Perform ETL by ingesting data from Kafka into Hive

You can extract, transform, and load a Kafka record into Hive in a single transaction.

  1. Create a table to represent source Kafka record offsets.
    CREATE TABLE kafka_table_offsets(partition_id int, max_offset bigint, insert_time timestamp);                
  2. Initialize the table.
    INSERT OVERWRITE TABLE kafka_table_offsets 
    SELECT `__partition`, min(`__offset`) - 1, CURRENT_TIMESTAMP 
    FROM wiki_kafka_hive 
    GROUP BY `__partition`, CURRENT_TIMESTAMP;
  3. Create the destination table.
    CREATE TABLE orc_kafka_table (partition_id int, koffset bigint, ktimestamp bigint,
      `timestamp` timestamp , `page` string, `user` string, `diffurl` string, 
      `isrobot` boolean, added int, deleted int, delta bigint
    ) STORED AS ORC;
  4. Insert Kafka data into the ORC table.
    FROM wiki_kafka_hive ktable JOIN kafka_table_offsets offset_table
    ON (ktable.`__partition` = offset_table.partition_id 
    AND ktable.`__offset` > offset_table.max_offset )

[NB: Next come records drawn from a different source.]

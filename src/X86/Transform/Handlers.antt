-- ===== src/X86/Transform/Handlers.antt =====
-- What each handler of lib/x86/arch-transform-dis.inc.h puts out, and where it leaves a place.
use substitute.Common.{
  ℕ, zero, suc, ◌+◌, ◌-◌, ◌^◌, ◌≤◌, ◌≡◌, ◌⊎◌, inl, inr, refl, arith, List, [], ◌∷◌, ◌++◌, Bool,
  true, false, not, ◌&&◌, none, some, if◌then◌else◌, ◌==◌, ltb, leb, bit_and, length, length-append,
  replicate, u32, u64, sub64, Bool-cases,
}
use substitute.Dis.{op8, op32, op64, cc_conditional, cc_call}
use substitute.Dis.Event.{ret, indirect_call, unidentified}
use substitute.X86.Flags.{i_jimm_only, i_jmp, i_call}
use substitute.X86.JumpPatch.{jump_patch_size, make_jmp_or_call, make_jump_patch, fits_32}
use substitute.X86.Decode.{
  Opcode, X86Event, PcrelInfo, has, type_of, imm_size, op_size, is_pcrel, pcrel_event,
}
use substitute.X86.Newop.{newop}
use substitute.X86.Transform.{
  Ctx, push_mov_head, push_mov_tail, goes_on, on_indirect_call, on_ret, branch_top, on_pcrel,
  call_next, conditional_code, on_branch, on_event, on_events,
}
use substitute.X86.Transform.Place.{
  pcrel_op_size, length-pcrel_newop, length-pcrel_newop-stack, length-jump_newop,
}

length-replicate : (n : ℕ) → length {A = ℕ} (replicate n 0) ≡ n
length-replicate zero = refl
length-replicate (suc n) = omega (arith, length-replicate n)

length-pad : (out : List ℕ) (n : ℕ) → length (out ++ replicate n 0) ≡ length out + n
length-pad out n = omega (arith, length-append out (replicate n 0), length-replicate n)

-- The code before a jump through memory.
abbrev jump_head : List ℕ → ℕ → List ℕ
jump_head out dpc =
    out
    ++ (push_mov_head dpc true ++ ((0x48 ∷ 0x89 ∷ 0x44 ∷ 0x24 ∷ 0xf8 ∷ []) ++ push_mov_tail true))

length-jump_head : (out : List ℕ) (dpc : ℕ) → length (jump_head out dpc) ≡ length out + 17
unfolding push_mov_head push_mov_tail op8 op64
length-jump_head out dpc = length-append out _

length-load_head :
    (out : List ℕ) (dpc : ℕ) (rax : Bool) → length (out ++ push_mov_head dpc rax) ≡ length out + 11
unfolding push_mov_head op8 op64
length-load_head out dpc rax = length-append out _

length-load_tail :
    (out : List ℕ) (n : ℕ) (rax : Bool)
    → length (out ++ (replicate n 0 ++ push_mov_tail rax)) ≡ length out + n + 1
unfolding push_mov_tail op8
length-load_tail out n rax = omega (
  arith,
  length-append out (replicate n 0 ++ push_mov_tail rax),
  length-append (replicate n 0) (push_mov_tail rax),
  length-replicate n,
)

length-call_next :
    (out : List ℕ) (dpc : ℕ)
    → length (
        out
        ++ (op8 0x50
            ++ (push_mov_head dpc true
                ++ ((0x48 ∷ 0x8b ∷ 0x44 ∷ 0x24 ∷ 0x08 ∷ []) ++ push_mov_tail true))))
      ≡ length out + 18
unfolding push_mov_head push_mov_tail op8 op64
length-call_next out dpc = length-append out _

abbrev Within : List ℕ → Type 0
Within code = (5 ≤ length code) × (length code ≤ 14)

if_Within : (b : Bool) (s t : List ℕ) → Within s → Within t → Within (if b then s else t)
if_Within true s t h k = h
if_Within false s t h k = k

length-jump : (pc dpc : ℕ) (call : Bool) → Within (make_jmp_or_call pc dpc call)
unfolding make_jmp_or_call op8 op32 op64
length-jump pc dpc call =
    if_Within (fits_32 (sub64 dpc (u64 (pc + 5)))) _ _ (omega arith, omega arith)
      (omega arith, omega arith)

length-conditional_code :
    (pc_trampoline size dpc : ℕ)
    → (size + 7 ≤ length (conditional_code pc_trampoline size dpc))
      × (length (conditional_code pc_trampoline size dpc) ≤ size + 16)
unfolding conditional_code op8
length-conditional_code pc_trampoline size dpc =
    let source = u64 (pc_trampoline + size + 2) in
    let jump = length-jump source dpc false in
    let n : ℕ = elim (jump_patch_size source dpc true) [ none ↦ 0xff | some n ↦ n ] in
    let split =
      length-append {A = ℕ} (replicate size 0)
        (op8 0xeb ++ (op8 n ++ make_jump_patch source dpc)) in
    rw split (omega (arith, length-replicate size, jump))

-- A handler that only may set the error.
abbrev Sets : Ctx → Ctx → Type 0
Sets before after = (e : ℕ) × (e ≤ 3) × (after ≡ record before { err = e })

module _ (ctx : Ctx) (small : ctx.err ≤ 3) where
  Sets-none : Sets ctx ctx
  Sets-none = (ctx.err, small, refl)

  if_Sets : (b : Bool) (s t : Ctx) → Sets ctx s → Sets ctx t → Sets ctx (if b then s else t)
  if_Sets true s t h k = h
  if_Sets false s t h k = k

  on_ret-Sets : Sets ctx (on_ret ctx)
  unfolding on_ret
  on_ret-Sets = if_Sets (goes_on ctx) _ _ (1, omega arith, refl) Sets-none

  on_indirect_call-Sets : Sets ctx (on_indirect_call ctx)
  unfolding on_indirect_call
  on_indirect_call-Sets =
      if_Sets (ctx.ban_calls && goes_on ctx) _ _ (3, omega arith, refl) Sets-none

  branch_top-Sets : (dpc cc : ℕ) → Sets ctx (branch_top ctx dpc cc)
  unfolding branch_top
  branch_top-Sets dpc cc =
      if_Sets (leb ctx.pc_patch_start dpc && ltb dpc ctx.pc_patch_end) _ _ (2, omega arith, refl)
        (if_Sets (bit_and cc cc_call == 0) _ _
          (if_Sets (bit_and cc cc_conditional == 0) _ _ on_ret-Sets Sets-none)
          on_indirect_call-Sets)

module _ (read : ℕ → ℕ) (o : Opcode) (before : ℕ) where
  -- More code, but no more than 16 bytes beside the instruction.
  abbrev pub Grown : Ctx → Type 0
  Grown after =
      (before + 5 ≤ length after.rewritten)
      × (length after.rewritten ≤ before + op_size read o + 16)

  -- Nothing is put out and the instruction is copied, or code is put out, which has a place for the
  -- new instruction or none.
  unfoldable pub Placed : Ctx → Type 0
  Placed after =
      ((after.write_newop_here ≡ some before)
        × (after.modify ≡ false)
        × (length after.rewritten ≡ before))
      ⊎ (((after.write_newop_here ≡ none) × Grown after)
          ⊎ ((at : ℕ) × (after.write_newop_here ≡ some at)
              × (after.modify ≡ true)
              × (at + length (newop read o after.newval_0 after.newval_1) ≤ length after.rewritten)
              × Grown after))

-- What a handler leaves of the context.
pub record Handled (read : ℕ → ℕ) (o : Opcode) (before after : Ctx) : Type 0 where
  pub at_pc : after.pc ≡ before.pc
  pub start : after.pc_patch_start ≡ before.pc_patch_start
  pub stop : after.pc_patch_end ≡ before.pc_patch_end
  pub sized : after.insn_size ≡ before.insn_size
  pub error : after.err ≤ 3
  pub put_out : Placed read o (length before.rewritten) after

-- Before the calls of the disassembler.
pub record Ready (read : ℕ → ℕ) (o : Opcode) (ctx : Ctx) : Type 0 where
  pub no_error : ctx.err ≤ 3
  pub of_size : ctx.insn_size ≡ op_size read o
  pub unmodified : ctx.modify ≡ false
  pub place : ctx.write_newop_here ≡ some (length ctx.rewritten)

module _ (read : ℕ → ℕ) (o : Opcode) where
  set_Handled : (ctx after : Ctx) → Ready read o ctx → Sets ctx after → Handled read o ctx after
  unfolding Placed
  set_Handled ctx after r (e, small, same) = rw same (record {
    at_pc = refl;
    start = refl;
    stop = refl;
    sized = refl;
    error = small;
    put_out = inl (r.place, r.unmodified, refl);
  })

  abbrev handled :
      (ctx after : Ctx)
      → (after.pc ≡ ctx.pc)
        × (after.pc_patch_start ≡ ctx.pc_patch_start)
        × (after.pc_patch_end ≡ ctx.pc_patch_end)
        × (after.insn_size ≡ ctx.insn_size)
      → after.err ≤ 3
      → Placed read o (length ctx.rewritten) after
      → Handled read o ctx after
  handled ctx after (p, s, t, z) e put = record {
    at_pc = p;
    start = s;
    stop = t;
    sized = z;
    error = e;
    put_out = put;
  }

  abbrev pub plain_calls : List X86Event
  plain_calls =
      if type_of o.bits == i_jmp
      then ret ∷ []
      else if has o.bits i_call
      then indirect_call ∷ []
      else unidentified ∷ []

  module _ (ctx : Ctx) (r : Ready read o ctx) where
    on_pcrel-Handled :
        (e dpc : ℕ) (info : PcrelInfo)
        → e ≤ 3
        → has o.bits i_jimm_only ≡ false
        → is_pcrel read o ≡ true
        → Handled read o ctx (on_pcrel (record ctx { err = e }) dpc info)
    unfolding on_pcrel Placed newop
    on_pcrel-Handled e dpc info small other at_pc = elim (Bool-cases info.is_jump) [
      | inl jumps ↦
          let start = length-jump_head ctx.rewritten dpc in
          let more = length-pad (jump_head ctx.rewritten dpc) (ctx.insn_size - 2) in
          let fits = length-pcrel_newop-stack read o (u32 (2 ^ 32 - 0x10)) refl at_pc in
          rw jumps (
            handled ctx _ (refl, refl, refl, refl) small
              (inr (
                inr (
                  _,
                  refl,
                  refl,
                  rw other
                      (omega (arith, start, more, fits, r.of_size, pcrel_op_size read o at_pc)),
                  (
                    omega (arith, start, more),
                    omega (arith, start, more, r.of_size, pcrel_op_size read o at_pc),
                  ),
                ))))
      | inr loads ↦
          let rax = info.reg == 1 in
          let head = ctx.rewritten ++ push_mov_head dpc rax in
          let start = length-load_head ctx.rewritten dpc rax in
          let more = length-load_tail head (ctx.insn_size - 4) rax in
          let fits = length-pcrel_newop read o (if rax then 0 else 1) (ground arith) at_pc in
          rw loads (
            handled ctx _ (refl, refl, refl, refl) small
              (inr (
                inr (
                  _,
                  refl,
                  refl,
                  rw other
                      (omega (arith, start, more, fits, r.of_size, pcrel_op_size read o at_pc)),
                  (
                    omega (arith, start, more),
                    omega (arith, start, more, r.of_size, pcrel_op_size read o at_pc),
                  ),
                ))))
    ]

    call_next-Handled : (dpc : ℕ) → 2 ≤ op_size read o → Handled read o ctx (call_next ctx dpc)
    unfolding call_next Placed
    call_next-Handled dpc sized =
        let start = length-call_next ctx.rewritten dpc in
        handled ctx _ (refl, refl, refl, refl) r.no_error
          (inr (inl (refl, (omega (arith, start), omega (arith, start, sized)))))

    abbrev kept : ℕ → ℕ → Ctx
    kept e dpc = record ctx {
      err = e;
      modify = true;
      newval_0 = 2;
      write_newop_here = some (length ctx.rewritten);
      rewritten = ctx.rewritten ++ conditional_code ctx.pc_trampoline ctx.insn_size dpc;
    }

    kept_Handled :
        (e dpc : ℕ)
        → e ≤ 3
        → has o.bits i_jimm_only ≡ true
        → (imm_size read o ≡ 1) ⊎ ((imm_size read o ≡ 2) ⊎ (imm_size read o ≡ 4))
        → Handled read o ctx (on_ret (kept e dpc))
    unfolding Placed newop
    kept_Handled e dpc small jumps immediate =
        let (e', small', same) = on_ret-Sets (kept e dpc) small in
        let code = conditional_code ctx.pc_trampoline ctx.insn_size dpc in
        let more = length-append ctx.rewritten code in
        let grows = length-conditional_code ctx.pc_trampoline ctx.insn_size dpc in
        let fits = length-jump_newop read o 2 immediate in
        rw same (
          handled ctx _ (refl, refl, refl, refl) small'
            (inr (
              inr (
                _,
                refl,
                refl,
                rw jumps (omega (arith, more, grows, fits, r.of_size)),
                (omega (arith, more, grows), omega (arith, more, grows, r.of_size)),
              ))))

    pub on_branch-Handled :
        (dpc cc : ℕ)
        → 2 ≤ op_size read o
        → has o.bits i_jimm_only ≡ true
        → (imm_size read o ≡ 1) ⊎ ((imm_size read o ≡ 2) ⊎ (imm_size read o ≡ 4))
        → Handled read o ctx (on_branch ctx dpc cc)
    unfolding on_branch Placed newop
    on_branch-Handled dpc cc sized jumps immediate =
        let size = op_size read o in
        elim (Bool-cases ((dpc == u64 (ctx.pc + ctx.insn_size)) && not (bit_and cc cc_call == 0))) [
          | inl next ↦ rw (next, on_branch) (call_next-Handled dpc sized)
          | inr other ↦
              let (e, small, same) = branch_top-Sets ctx r.no_error dpc cc in
              elim (Bool-cases (bit_and cc cc_conditional == 0)) [
                | inl plain ↦
                    let link = not (bit_and cc cc_call == 0) in
                    let more =
                      length-append ctx.rewritten (make_jmp_or_call ctx.pc_trampoline dpc link) in
                    let jump = length-jump ctx.pc_trampoline dpc link in
                    rw (other, same, plain)
                      (handled ctx _ (refl, refl, refl, refl) small
                        (inr (inl (refl, (omega (arith, more, jump), omega (arith, more, jump))))))
                | inr conditional ↦
                    rw (other, same, conditional) (kept_Handled e dpc small jumps immediate)
              ]
        ]

    pub pcrel_calls :
        (pc : ℕ)
        → has o.bits i_jimm_only ≡ false
        → is_pcrel read o ≡ true
        → Handled read o ctx (
            on_events ctx (
              if has o.bits i_call
              then indirect_call ∷ pcrel_event read pc o ∷ []
              else pcrel_event read pc o ∷ []))
    unfolding pcrel_event on_events on_event
    pcrel_calls pc other at_pc = elim (Bool-cases (has o.bits i_call)) [
      | inl call ↦
          let (e, small, same) = on_indirect_call-Sets ctx r.no_error in
          rw (call, same) (on_pcrel-Handled e _ _ small other at_pc)
      | inr plain ↦ rw plain (on_pcrel-Handled ctx.err _ _ r.no_error other at_pc)
    ]

    pub plain_calls_Handled : Handled read o ctx (on_events ctx plain_calls)
    unfolding on_events on_event
    plain_calls_Handled = elim (Bool-cases (type_of o.bits == i_jmp)) [
      | inl e ↦ rw e (set_Handled ctx _ r (on_ret-Sets ctx r.no_error))
      | inr e ↦ elim (Bool-cases (has o.bits i_call)) [
        | inl f ↦ rw (e, f) (set_Handled ctx _ r (on_indirect_call-Sets ctx r.no_error))
        | inr f ↦ rw (e, f) (set_Handled ctx _ r (Sets-none ctx r.no_error))
      ]
    ]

    INSERT INTO TABLE orc_kafka_table 
    SELECT `__partition`, `__offset`, `__timestamp`,
      `timestamp`, `page`, `user`, `diffurl`, `isrobot`, added , deleted , delta
    INSERT OVERWRITE TABLE kafka_table_offsets 
    SELECT `__partition`, max(`__offset`), CURRENT_TIMESTAMP 
    GROUP BY `__partition`, CURRENT_TIMESTAMP;
  5. Check the insertion.
    SELECT MAX(`koffset`) FROM orc_kafka_table LIMIT 10;
    
    SELECT COUNT(*) AS c FROM orc_kafka_table 
    GROUP BY partition_id, koffset HAVING c > 1;
  6. Repeat step 4 periodically until all the data is loaded into Hive.